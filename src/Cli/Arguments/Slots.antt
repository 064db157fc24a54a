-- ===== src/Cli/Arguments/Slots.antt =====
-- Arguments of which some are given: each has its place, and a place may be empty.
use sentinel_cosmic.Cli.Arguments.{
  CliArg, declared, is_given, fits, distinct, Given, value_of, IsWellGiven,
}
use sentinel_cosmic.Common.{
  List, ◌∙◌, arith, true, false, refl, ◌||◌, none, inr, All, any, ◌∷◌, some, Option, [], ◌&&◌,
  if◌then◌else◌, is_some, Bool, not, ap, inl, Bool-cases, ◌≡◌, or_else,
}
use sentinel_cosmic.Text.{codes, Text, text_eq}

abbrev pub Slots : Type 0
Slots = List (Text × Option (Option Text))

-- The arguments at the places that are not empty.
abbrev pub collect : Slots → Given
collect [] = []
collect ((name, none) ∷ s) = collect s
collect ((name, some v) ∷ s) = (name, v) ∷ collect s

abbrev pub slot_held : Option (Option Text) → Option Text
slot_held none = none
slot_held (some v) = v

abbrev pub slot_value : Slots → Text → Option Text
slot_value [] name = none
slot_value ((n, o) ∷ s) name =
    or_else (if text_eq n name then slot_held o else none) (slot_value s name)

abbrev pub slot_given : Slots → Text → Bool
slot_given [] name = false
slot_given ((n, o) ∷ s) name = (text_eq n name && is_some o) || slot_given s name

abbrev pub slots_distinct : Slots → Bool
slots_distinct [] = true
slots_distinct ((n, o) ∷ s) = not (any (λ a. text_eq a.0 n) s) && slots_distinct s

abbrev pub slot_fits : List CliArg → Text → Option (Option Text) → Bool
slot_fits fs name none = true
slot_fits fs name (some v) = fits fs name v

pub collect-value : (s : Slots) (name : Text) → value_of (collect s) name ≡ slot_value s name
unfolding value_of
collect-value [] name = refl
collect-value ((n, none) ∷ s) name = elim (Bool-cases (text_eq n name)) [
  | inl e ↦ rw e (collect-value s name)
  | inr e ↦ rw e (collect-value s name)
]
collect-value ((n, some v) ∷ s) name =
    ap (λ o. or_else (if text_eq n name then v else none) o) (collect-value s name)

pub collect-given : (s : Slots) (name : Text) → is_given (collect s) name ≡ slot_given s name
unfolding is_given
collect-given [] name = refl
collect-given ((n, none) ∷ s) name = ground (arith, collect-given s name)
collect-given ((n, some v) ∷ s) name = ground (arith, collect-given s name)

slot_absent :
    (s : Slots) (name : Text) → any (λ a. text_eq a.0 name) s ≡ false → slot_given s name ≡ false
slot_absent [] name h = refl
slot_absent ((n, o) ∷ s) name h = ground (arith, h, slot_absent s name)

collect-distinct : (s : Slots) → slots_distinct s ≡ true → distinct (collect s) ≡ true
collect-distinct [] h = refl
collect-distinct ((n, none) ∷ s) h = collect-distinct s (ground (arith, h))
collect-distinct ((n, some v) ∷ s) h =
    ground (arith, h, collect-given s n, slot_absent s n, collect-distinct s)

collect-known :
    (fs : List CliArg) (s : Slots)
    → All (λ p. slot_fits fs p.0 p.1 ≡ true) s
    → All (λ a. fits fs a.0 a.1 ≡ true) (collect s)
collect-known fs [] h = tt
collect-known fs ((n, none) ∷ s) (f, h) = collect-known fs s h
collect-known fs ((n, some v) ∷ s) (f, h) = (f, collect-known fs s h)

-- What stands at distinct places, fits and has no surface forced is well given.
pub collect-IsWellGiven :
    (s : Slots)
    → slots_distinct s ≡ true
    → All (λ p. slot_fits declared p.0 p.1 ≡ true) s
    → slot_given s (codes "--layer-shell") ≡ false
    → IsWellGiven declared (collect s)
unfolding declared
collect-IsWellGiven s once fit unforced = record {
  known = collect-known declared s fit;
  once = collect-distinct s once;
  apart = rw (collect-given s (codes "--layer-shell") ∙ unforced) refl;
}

######

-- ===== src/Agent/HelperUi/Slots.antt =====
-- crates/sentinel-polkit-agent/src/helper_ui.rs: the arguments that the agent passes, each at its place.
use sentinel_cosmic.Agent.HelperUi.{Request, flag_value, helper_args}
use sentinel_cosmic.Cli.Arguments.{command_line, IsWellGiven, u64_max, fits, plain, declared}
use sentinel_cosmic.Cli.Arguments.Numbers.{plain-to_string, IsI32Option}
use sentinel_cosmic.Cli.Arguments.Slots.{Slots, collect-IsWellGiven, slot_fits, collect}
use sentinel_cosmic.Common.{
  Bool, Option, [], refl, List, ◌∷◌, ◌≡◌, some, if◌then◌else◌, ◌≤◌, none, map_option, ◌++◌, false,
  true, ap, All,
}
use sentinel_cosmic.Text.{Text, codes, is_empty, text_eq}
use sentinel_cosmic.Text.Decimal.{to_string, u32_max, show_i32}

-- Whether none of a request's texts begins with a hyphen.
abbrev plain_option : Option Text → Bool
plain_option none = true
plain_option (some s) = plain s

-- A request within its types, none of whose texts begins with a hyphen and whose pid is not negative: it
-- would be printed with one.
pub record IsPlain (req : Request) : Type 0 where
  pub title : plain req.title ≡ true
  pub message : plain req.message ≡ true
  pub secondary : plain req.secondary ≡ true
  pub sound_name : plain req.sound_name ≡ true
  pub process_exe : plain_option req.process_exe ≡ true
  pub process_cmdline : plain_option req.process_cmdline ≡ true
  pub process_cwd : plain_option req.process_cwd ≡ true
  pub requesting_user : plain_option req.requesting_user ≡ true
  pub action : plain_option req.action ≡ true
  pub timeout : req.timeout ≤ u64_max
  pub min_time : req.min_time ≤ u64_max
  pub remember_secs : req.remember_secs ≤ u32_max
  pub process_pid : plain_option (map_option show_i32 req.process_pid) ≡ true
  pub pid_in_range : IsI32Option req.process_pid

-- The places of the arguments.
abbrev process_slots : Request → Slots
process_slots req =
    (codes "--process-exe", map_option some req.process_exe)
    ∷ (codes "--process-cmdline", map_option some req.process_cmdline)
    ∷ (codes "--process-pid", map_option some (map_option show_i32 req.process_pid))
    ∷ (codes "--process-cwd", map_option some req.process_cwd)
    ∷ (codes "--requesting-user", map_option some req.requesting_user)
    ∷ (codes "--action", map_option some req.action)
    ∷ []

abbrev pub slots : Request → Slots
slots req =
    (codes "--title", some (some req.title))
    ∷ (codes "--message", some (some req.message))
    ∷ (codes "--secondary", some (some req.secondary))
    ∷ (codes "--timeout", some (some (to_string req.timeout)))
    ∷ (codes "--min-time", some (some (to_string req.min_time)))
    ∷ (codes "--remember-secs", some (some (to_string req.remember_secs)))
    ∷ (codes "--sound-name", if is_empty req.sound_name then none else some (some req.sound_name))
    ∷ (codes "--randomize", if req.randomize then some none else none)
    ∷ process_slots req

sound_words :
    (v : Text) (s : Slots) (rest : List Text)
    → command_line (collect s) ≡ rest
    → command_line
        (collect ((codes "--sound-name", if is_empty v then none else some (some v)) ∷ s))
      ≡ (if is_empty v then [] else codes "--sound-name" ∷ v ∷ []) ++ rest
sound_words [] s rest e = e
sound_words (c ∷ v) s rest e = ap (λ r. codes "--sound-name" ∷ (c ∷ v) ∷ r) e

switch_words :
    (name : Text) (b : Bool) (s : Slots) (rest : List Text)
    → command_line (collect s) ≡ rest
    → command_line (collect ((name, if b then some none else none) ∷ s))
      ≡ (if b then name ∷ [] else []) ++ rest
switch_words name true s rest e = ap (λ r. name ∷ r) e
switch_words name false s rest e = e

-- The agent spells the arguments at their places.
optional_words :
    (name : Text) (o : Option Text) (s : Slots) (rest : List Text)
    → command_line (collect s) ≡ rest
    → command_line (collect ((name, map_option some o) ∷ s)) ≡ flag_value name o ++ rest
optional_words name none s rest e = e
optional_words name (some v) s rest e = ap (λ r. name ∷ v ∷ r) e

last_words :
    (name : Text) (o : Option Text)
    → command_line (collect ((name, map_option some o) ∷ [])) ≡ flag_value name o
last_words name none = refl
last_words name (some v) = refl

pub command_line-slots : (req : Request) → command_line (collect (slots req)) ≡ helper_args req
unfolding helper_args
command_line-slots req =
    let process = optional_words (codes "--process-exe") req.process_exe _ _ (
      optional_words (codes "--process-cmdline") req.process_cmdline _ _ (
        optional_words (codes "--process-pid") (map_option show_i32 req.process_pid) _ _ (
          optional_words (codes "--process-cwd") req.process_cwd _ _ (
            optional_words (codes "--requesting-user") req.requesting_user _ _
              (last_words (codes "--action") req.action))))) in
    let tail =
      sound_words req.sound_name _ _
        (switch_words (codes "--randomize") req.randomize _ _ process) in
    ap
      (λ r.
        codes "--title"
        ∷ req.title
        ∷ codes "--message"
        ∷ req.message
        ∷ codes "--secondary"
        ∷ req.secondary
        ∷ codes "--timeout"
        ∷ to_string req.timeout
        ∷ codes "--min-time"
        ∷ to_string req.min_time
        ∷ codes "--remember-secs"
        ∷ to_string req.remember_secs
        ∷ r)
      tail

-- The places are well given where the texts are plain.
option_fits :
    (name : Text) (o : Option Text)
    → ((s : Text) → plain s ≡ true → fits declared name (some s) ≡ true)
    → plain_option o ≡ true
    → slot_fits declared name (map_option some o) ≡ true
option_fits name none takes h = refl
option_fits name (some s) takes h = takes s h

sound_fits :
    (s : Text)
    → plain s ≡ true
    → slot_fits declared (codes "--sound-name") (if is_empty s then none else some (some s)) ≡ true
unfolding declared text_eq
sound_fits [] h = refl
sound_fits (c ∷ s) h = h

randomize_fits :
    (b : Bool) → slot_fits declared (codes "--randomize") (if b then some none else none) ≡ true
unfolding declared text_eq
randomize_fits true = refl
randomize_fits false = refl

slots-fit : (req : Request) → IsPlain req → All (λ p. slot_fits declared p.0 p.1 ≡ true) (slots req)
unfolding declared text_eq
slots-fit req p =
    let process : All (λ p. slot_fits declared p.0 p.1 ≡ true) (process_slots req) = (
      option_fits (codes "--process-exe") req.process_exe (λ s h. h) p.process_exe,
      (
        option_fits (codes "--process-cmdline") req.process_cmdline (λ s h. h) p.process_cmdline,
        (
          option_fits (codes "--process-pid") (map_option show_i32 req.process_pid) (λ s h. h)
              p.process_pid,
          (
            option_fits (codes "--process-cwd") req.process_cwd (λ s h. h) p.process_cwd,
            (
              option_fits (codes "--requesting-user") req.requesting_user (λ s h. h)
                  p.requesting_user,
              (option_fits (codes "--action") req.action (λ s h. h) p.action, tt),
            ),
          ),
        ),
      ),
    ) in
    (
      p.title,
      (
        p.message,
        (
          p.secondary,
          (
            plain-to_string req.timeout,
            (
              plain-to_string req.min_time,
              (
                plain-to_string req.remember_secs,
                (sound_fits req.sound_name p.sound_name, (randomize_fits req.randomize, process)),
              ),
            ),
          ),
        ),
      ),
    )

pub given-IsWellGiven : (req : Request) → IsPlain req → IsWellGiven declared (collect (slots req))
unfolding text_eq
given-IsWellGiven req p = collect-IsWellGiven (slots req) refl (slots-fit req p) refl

######

**Task to carry out**
Write down exactly the span of lines above from the one containing "Slots = List (Text × Option (Option Text))" to the one containing "slot_value ((n, o)", both ends included.

**Exercise output**
Slots = List (Text × Option (Option Text))

-- The arguments at the places that are not empty.
abbrev pub collect : Slots → Given
collect [] = []
collect ((name, none) ∷ s) = collect s
collect ((name, some v) ∷ s) = (name, v) ∷ collect s

abbrev pub slot_held : Option (Option Text) → Option Text
slot_held none = none
slot_held (some v) = v

abbrev pub slot_value : Slots → Text → Option Text
slot_value [] name = none
slot_value ((n, o) ∷ s) name =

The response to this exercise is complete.